### Problem details
Restate word for word each line of the data, starting at the one containing "repository 0e6c96a2c0f1a300" and running through the last.

### Data shown

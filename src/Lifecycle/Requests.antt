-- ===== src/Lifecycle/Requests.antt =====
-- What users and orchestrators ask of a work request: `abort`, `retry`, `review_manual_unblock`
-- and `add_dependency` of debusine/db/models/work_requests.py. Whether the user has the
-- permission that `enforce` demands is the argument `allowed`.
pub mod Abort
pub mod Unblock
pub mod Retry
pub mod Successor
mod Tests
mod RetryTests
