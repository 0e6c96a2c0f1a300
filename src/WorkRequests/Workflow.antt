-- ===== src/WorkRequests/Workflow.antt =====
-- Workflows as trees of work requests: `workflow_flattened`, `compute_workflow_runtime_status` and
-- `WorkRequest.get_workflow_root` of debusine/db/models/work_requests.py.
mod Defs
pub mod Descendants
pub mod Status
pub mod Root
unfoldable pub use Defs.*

### Solution to the exercise
repository 0e6c96a2c0f1a300
filename src/WorkRequests/Workflow.antt
-- ===== src/WorkRequests/Workflow.antt =====
-- Workflows as trees of work requests: `workflow_flattened`, `compute_workflow_runtime_status` and
-- `WorkRequest.get_workflow_root` of debusine/db/models/work_requests.py.
mod Defs
pub mod Descendants
pub mod Status
pub mod Root
unfoldable pub use Defs.*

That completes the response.